I'm trying to fit a precomputed kernel matrix when using http://scikit-learn.org/stable/modules/generated/sklearn.neighbors.KNeighborsClassifier.html, it is apparently possible since the metric 'precomputed' exists. I allows you to pass a n_samples*n_samples kernel matrix to fit method.
When using it, here's what I get :
ValueError: Metric 'precomputed' not valid for algorithm 'auto'
I don't understand how using algorithm 'auto' to find nearest neighbours is not compatible with the fact that I'm using a precomputed kernel matrix.
EDIT :
Unfortunately my question didn't get any attention. I've looked into the source code more deeply and it seems that there is a bug since when you pass metric=precomputed
, since the code should allow you to choose algorithm=auto
. Instead of that, when running, the code bumps into the valueError I mentioned, and I don't think the author wanted his code to behave that way. I have no idea how to change the source code to behave properly.

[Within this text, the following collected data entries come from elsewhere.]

-- ===== src/Intent/Saved.antt =====
-- `to_dict` and `from_dict` of bantu_os/core/intent/goal_tree.py: a goal tree as a JSON object and
-- back. An entry that may be missing is an `Option`. Nodes have all fields here, also the times, which
-- Tree leaves out. `isoformat`, `fromisoformat` and `now` of `datetime` are the parameter `Clock`.
pub mod Reload
use bantu_os.Prelude.{
  ℕ, ◌+◌, Bool, true, false, Option, none, some, List, [], ◌∷◌, map, Result, ok, err, if◌then◌else◌,
}
use bantu_os.Prelude.Text.{Text, codes, ◌==◌}
use bantu_os.Intent.Tree.{GoalStatus}

pub record TimedRetry : Type 0 where
  pub reason : Text
  pub attempted_plan : Text
  pub error : Text
  pub attempted_at : ℕ

-- The fields of `GoalNode` but its children.
pub record TimedGoal : Type 0 where
  pub id : ℕ
  pub text : Text
  pub level : ℕ
  pub status : GoalStatus
  pub tool : Option Text
  pub tool_params : Option Text
  pub result : Option Text
  pub error : Option Text
  pub retry_count : ℕ
  pub retry_history : List TimedRetry
  pub parent_id : Option ℕ
  pub requires : List Text
  pub destructive : Bool
  pub created_at : ℕ
  pub completed_at : Option ℕ

mutual
  pub data TimedNode : Type 0 where
    node : TimedGoal → TimedNodes → TimedNode

  pub data TimedNodes : Type 0 where
    nil : TimedNodes
    cons : TimedNode → TimedNodes → TimedNodes

-- `fromisoformat` is `none` for its `ValueError`; `now` is taken to stand still during a load.
pub record Clock : Type 0 where
  pub isoformat : ℕ → Text
  pub fromisoformat : Text → Option ℕ
  pub now : ℕ

-- A time is `none` where the entry is missing or no text.
pub record RetryDict : Type 0 where
  pub reason : Option Text
  pub attempted_plan : Option Text
  pub error : Option Text
  pub attempted_at : Option Text

-- `tool_params` is a JSON text, "{}" for an empty dict.
pub record GoalDict : Type 0 where
  pub id : Option ℕ
  pub text : Option Text
  pub level : Option ℕ
  pub status : Option Text
  pub tool : Option Text
  pub tool_params : Option Text
  pub result : Option Text
  pub error : Option Text
  pub retry_count : Option ℕ
  pub retry_history : Option (List RetryDict)
  pub parent_id : Option ℕ
  pub requires : Option (List Text)
  pub destructive : Option Bool
  pub created_at : Option Text
  pub completed_at : Option Text

mutual
  pub data NodeDict : Type 0 where
    object : GoalDict → NodeDicts → NodeDict

  -- The entry "children".
  pub data NodeDicts : Type 0 where
    no_more : NodeDicts
    more : NodeDict → NodeDicts → NodeDicts

-- `status.value`, and `GoalStatus(text)`, `none` for its `ValueError`.
unfoldable pub value : GoalStatus → Text
value GoalStatus.pending = codes "PENDING"
value GoalStatus.running = codes "RUNNING"
value GoalStatus.done = codes "DONE"
value GoalStatus.failed = codes "FAILED"
value GoalStatus.blocked = codes "BLOCKED"

unfoldable pub status_of : Text → Option GoalStatus
status_of s =
    if s == codes "PENDING"
    then some GoalStatus.pending
    else if s == codes "RUNNING"
    then some GoalStatus.running
    else if s == codes "DONE"
    then some GoalStatus.done
    else if s == codes "FAILED"
    then some GoalStatus.failed
    else if s == codes "BLOCKED"
    then some GoalStatus.blocked
    else none

-- `data.get(name, default)`
abbrev pub get_or {ℓ} : {A : Type ℓ} → A → Option A → A
get_or default none = default
get_or default (some a) = a

-- `data.get("tool_params") or None`
unfoldable pub or_none : Option Text → Option Text
or_none none = none
or_none (some s) = if s == codes "{}" then none else some s

module _ (clock : Clock) where
  unfoldable pub retry_to_dict : TimedRetry → RetryDict
  retry_to_dict r = record {
    reason = some r.reason;
    attempted_plan = some r.attempted_plan;
    error = some r.error;
    attempted_at = some (clock.isoformat r.attempted_at);
  }

  -- A time that is no text is the current one.
  unfoldable pub time_of : Option Text → Option ℕ
  time_of none = some clock.now
  time_of (some s) = clock.fromisoformat s

  -- A time that is missing or empty is none; `none` outside is an error.
  unfoldable pub completed_of : Option Text → Option (Option ℕ)
  completed_of none = some none
  completed_of (some []) = some none
  completed_of (some (c ∷ s)) = elim (clock.fromisoformat (c ∷ s)) [
    | none ↦ none
    | some t ↦ some (some t)
  ]

  unfoldable pub retry_from_dict : RetryDict → Option TimedRetry
  unfolding time_of
  retry_from_dict d = elim (time_of d.attempted_at) [
    | none ↦ none
    | some t ↦ some (record {
      reason = get_or [] d.reason;
      attempted_plan = get_or [] d.attempted_plan;
      error = get_or [] d.error;
      attempted_at = t;
    })
  ]

  unfoldable pub retries_from_dicts : List RetryDict → Option (List TimedRetry)
  unfolding retry_from_dict
  retries_from_dicts [] = some []
  retries_from_dicts (d ∷ ds) =
      let rest = retries_from_dicts ds in
      elim (retry_from_dict d) [
        | none ↦ none
        | some r ↦ elim rest [ none ↦ none | some rs ↦ some (r ∷ rs) ]
      ]

  -- `self.completed_at.isoformat() if self.completed_at else None`
  unfoldable pub completed_to_text : Option ℕ → Option Text
  completed_to_text none = none
  completed_to_text (some t) = some (clock.isoformat t)

  unfoldable pub goal_to_dict : TimedGoal → GoalDict
  unfolding value retry_to_dict completed_to_text
  goal_to_dict g = record {
    id = some g.id;
    text = some g.text;
    level = some g.level;
    status = some (value g.status);
    tool = g.tool;
    tool_params = g.tool_params;
    result = g.result;
    error = g.error;
    retry_count = some g.retry_count;
    retry_history = some (map retry_to_dict g.retry_history);
    parent_id = g.parent_id;
    requires = some g.requires;
    destructive = some g.destructive;
    created_at = some (clock.isoformat g.created_at);
    completed_at = completed_to_text g.completed_at;
  }

  unfoldable mutual
    unfolding goal_to_dict

    pub to_dict : TimedNode → NodeDict
    to_dict (node g cs) = object (goal_to_dict g) (to_dicts cs)

    pub to_dicts : TimedNodes → NodeDicts
    to_dicts nil = no_more
    to_dicts (cons n ns) = more (to_dict n) (to_dicts ns)

  -- `cls(…)`, from the arguments that were read; `none` where one of them is a `ValueError`.
  unfoldable pub goal_made :
      ℕ
      → GoalDict
      → Option GoalStatus
      → Option (List TimedRetry)
      → Option ℕ
      → Option (Option ℕ)
      → Option TimedGoal
  unfolding or_none
  goal_made fresh d (some status) (some retries) (some created) (some completed) = some (record {
    id = get_or fresh d.id;
    text = get_or [] d.text;
    level = get_or 0 d.level;
    status = status;
    tool = d.tool;
    tool_params = or_none d.tool_params;
    result = d.result;
    error = d.error;
    retry_count = get_or 0 d.retry_count;
    retry_history = retries;
    parent_id = d.parent_id;
    requires = get_or [] d.requires;
    destructive = get_or false d.destructive;
    created_at = created;
    completed_at = completed;
  })
  goal_made fresh d status retries created completed = none

  -- The id is `fresh` where there is none.
  unfoldable pub goal_from_dict : ℕ → GoalDict → Option TimedGoal
  unfolding goal_made retries_from_dicts status_of time_of completed_of
  goal_from_dict fresh d =
      goal_made fresh d (status_of (get_or (codes "PENDING") d.status))
        (retries_from_dicts (get_or [] d.retry_history)) (time_of d.created_at)
        (completed_of d.completed_at)

-- `child.parent_id = node.id`
unfoldable pub link_all : ℕ → TimedNodes → TimedNodes
link_all id nil = nil
link_all id (cons (node g cs) ns) =
    cons (node (record g { parent_id = some id }) cs) (link_all id ns)

-- The counter goes up where an id is drawn; an error is the `ValueError` of a status or a time.
unfoldable pub after_id : Option ℕ → ℕ → ℕ
after_id none fresh = fresh + 1
after_id (some id) fresh = fresh

with_children : TimedGoal → Result (Unit {0}) TimedNodes × ℕ → Result (Unit {0}) TimedNode × ℕ
unfolding link_all
with_children g (err e, fresh) = (err e, fresh)
with_children g (ok cs, fresh) = (ok (node g (link_all g.id cs)), fresh)

in_front : TimedNode → Result (Unit {0}) TimedNodes × ℕ → Result (Unit {0}) TimedNodes × ℕ
in_front n (err e, fresh) = (err e, fresh)
in_front n (ok ns, fresh) = (ok (cons n ns), fresh)

-- The other children are read after one that was.
unfoldable pub followed :
    Result (Unit {0}) TimedNode × ℕ
    → (ℕ → Result (Unit {0}) TimedNodes × ℕ)
    → Result (Unit {0}) TimedNodes × ℕ
unfolding in_front
followed (err e, fresh) rest = (err e, fresh)
followed (ok n, fresh) rest = in_front n (rest fresh)

-- A node that was made, or not, and the children that were read.
unfoldable pub loaded :
    Option TimedGoal
    → GoalDict
    → ℕ
    → Result (Unit {0}) TimedNodes × ℕ
    → Result (Unit {0}) TimedNode × ℕ
unfolding with_children after_id
loaded none d fresh children = (err tt, after_id d.id fresh)
loaded (some g) d fresh children = with_children g children

module _ (clock : Clock) where
  unfoldable mutual
    unfolding goal_from_dict followed after_id

    pub from_dict : NodeDict → ℕ → Result (Unit {0}) TimedNode × ℕ
    from_dict (object d cs) fresh =
        loaded (goal_from_dict clock fresh d) d fresh (from_dicts cs (after_id d.id fresh))

    pub from_dicts : NodeDicts → ℕ → Result (Unit {0}) TimedNodes × ℕ
    from_dicts no_more fresh = (ok nil, fresh)
    from_dicts (more d ds) fresh = followed (from_dict d fresh) (λ next. from_dicts ds next)
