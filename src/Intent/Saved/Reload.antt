-- ===== src/Intent/Saved/Reload.antt =====
-- A goal tree that is saved is loaded as it was.
use bantu_os.Prelude.{ℕ, ◌≡◌, ◌≢◌, refl, sym, ap, ◌∙◌, Option, none, some, List, [], ◌∷◌, map, ok}
use bantu_os.Prelude.Text.{Text, ◌==◌}
use bantu_os.Intent.Tree.{GoalStatus}
use bantu_os.Intent.Saved.{
  TimedRetry, TimedGoal, TimedNode, node, TimedNodes, nil, cons, Clock, value, status_of, or_none,
  retry_to_dict, time_of, completed_of, completed_to_text, retry_from_dict, retries_from_dicts,
  goal_to_dict, to_dict, to_dicts, goal_made, goal_from_dict, link_all, loaded, followed, from_dict,
  from_dicts, with_children, in_front, after_id,
}

-- Every child is linked to the node above it, and no node has an empty dict of parameters.
abbrev mutual
  pub IsLinked : TimedNode → Type 0
  IsLinked (node g cs) = (or_none g.tool_params ≡ g.tool_params) × AreLinked g.id cs

  pub AreLinked : ℕ → TimedNodes → Type 0
  AreLinked id nil = Unit
  AreLinked id (cons (node g cs) ns) =
      (g.parent_id ≡ some id) × IsLinked (node g cs) × AreLinked id ns

status_of-value : (s : GoalStatus) → status_of (value s) ≡ some s
unfolding status_of value ◌==◌
status_of-value GoalStatus.pending = refl
status_of-value GoalStatus.running = refl
status_of-value GoalStatus.done = refl
status_of-value GoalStatus.failed = refl
status_of-value GoalStatus.blocked = refl

link_all-same : (id : ℕ) (ns : TimedNodes) → AreLinked id ns → link_all id ns ≡ ns
unfolding link_all
link_all-same id nil h = refl
link_all-same id (cons (node g cs) ns) h =
    ap (λ p. cons (node (record g { parent_id = p }) cs) (link_all id ns)) (sym h.0)
    ∙ ap (cons (node g cs)) (link_all-same id ns h.2)

module _ (clock : Clock) (exact : (t : ℕ) → clock.fromisoformat (clock.isoformat t) ≡ some t)
    (nonempty : (t : ℕ) → clock.isoformat t ≢ []) where
  retries-same :
      (rs : List TimedRetry) → retries_from_dicts clock (map (retry_to_dict clock) rs) ≡ some rs
  unfolding retries_from_dicts retry_from_dict retry_to_dict time_of
  retries-same [] = refl
  retries-same (r ∷ rs) = rw (exact r.attempted_at, retries-same rs) refl

  completed_text :
      (t : ℕ) (s : Text) → clock.isoformat t ≡ s → completed_of clock (some s) ≡ some (some t)
  unfolding completed_of
  completed_text t [] h = absurd (nonempty t h)
  completed_text t (c ∷ s) h =
      let read : clock.fromisoformat (c ∷ s) ≡ some t = rw (← h) (exact t) in
      rw (completed_of, read) refl

  completed-same : (o : Option ℕ) → completed_of clock (completed_to_text clock o) ≡ some o
  unfolding completed_to_text completed_of
  completed-same none = refl
  completed-same (some t) = completed_text t (clock.isoformat t) refl

  goal_made-same :
      (fresh : ℕ) (g : TimedGoal)
      → or_none g.tool_params ≡ g.tool_params
      → goal_made clock fresh
          (goal_to_dict clock g)
          (some g.status)
          (some g.retry_history)
          (some g.created_at)
          (some g.completed_at)
        ≡ some g
  unfolding goal_made goal_to_dict
  goal_made-same fresh g h = rw h refl

  goal-same :
      (fresh : ℕ) (g : TimedGoal)
      → or_none g.tool_params ≡ g.tool_params
      → goal_from_dict clock fresh (goal_to_dict clock g) ≡ some g
  unfolding goal_from_dict goal_to_dict time_of
  goal-same fresh g h =
      let d = goal_to_dict clock g in
      let rs = retries_from_dicts clock (map (retry_to_dict clock) g.retry_history) in
      let created = clock.fromisoformat (clock.isoformat g.created_at) in
      let completed = completed_of clock (completed_to_text clock g.completed_at) in
      ap (λ o. goal_made clock fresh d o rs created completed) (status_of-value g.status)
      ∙ (ap (λ o. goal_made clock fresh d (some g.status) o created completed)
            (retries-same g.retry_history)
          ∙ (ap (λ o. goal_made clock fresh d (some g.status) (some g.retry_history) o completed)
                (exact g.created_at)
              ∙ (ap
                    (λ o.
                      goal_made clock fresh d (some g.status) (some g.retry_history)
                        (some g.created_at) o)
                    (completed-same g.completed_at)
                  ∙ goal_made-same fresh g h)))

  mutual
    unfolding from_dict to_dict followed after_id goal_to_dict loaded with_children

    loaded_node :
        (n : TimedNode) (fresh : ℕ)
        → IsLinked n
        → from_dict clock (to_dict clock n) fresh ≡ (ok n, fresh)
    loaded_node (node g cs) fresh h =
        ap
          (λ r.
            loaded (goal_from_dict clock fresh (goal_to_dict clock g)) (goal_to_dict clock g) fresh
              r)
          (loaded_nodes g.id cs fresh h.1)
        ∙ (ap (λ o. loaded o (goal_to_dict clock g) fresh (ok cs, fresh)) (goal-same fresh g h.0)
            ∙ ap (λ ns. (ok (node g ns), fresh)) (link_all-same g.id cs h.1))

    loaded_nodes :
        (id : ℕ) (ns : TimedNodes) (fresh : ℕ)
        → AreLinked id ns
        → from_dicts clock (to_dicts clock ns) fresh ≡ (ok ns, fresh)
    loaded_nodes id nil fresh h = refl
    loaded_nodes id (cons (node g cs) ns) fresh h =
        ap (λ r. followed r (λ next. from_dicts clock (to_dicts clock ns) next))
          (loaded_node (node g cs) fresh h.1)
        ∙ ap (in_front (node g cs)) (loaded_nodes id ns fresh h.2)

  -- If `fromisoformat` reads back the texts of `isoformat`, which are not empty, then a tree whose
  -- children are linked to their parents, and in which no node has an empty dict of parameters, is
  -- what `from_dict` makes of its `to_dict`: every field, the times included, and every node in its
  -- place. No new id is drawn.
  pub from_dict-to_dict :
      (n : TimedNode) (fresh : ℕ)
      → IsLinked n
      → from_dict clock (to_dict clock n) fresh ≡ (ok n, fresh)
  from_dict-to_dict n fresh h = loaded_node n fresh h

Also I want to add to the question that on a more theoritical point of view, it is completely justified to be able to use a kernel matrix (aka gram matrix) to use fit method of kNN. You can derive the distance matrix from the gram matrix and then when you want to predict a new data you just have to find the k nearest neighbors and label the new data with the most present label in the k nearest neighbors.
I really think this question should get an answer. It is properly asked, I want something really precise and I know that someone with a deeper understanding of Python and scikit learn library should be able to answer it. Maybe I'm missing something obvious but I also think it should help anyone trying to use kNN with a precomputed kernel matrix (which is not an isolated case).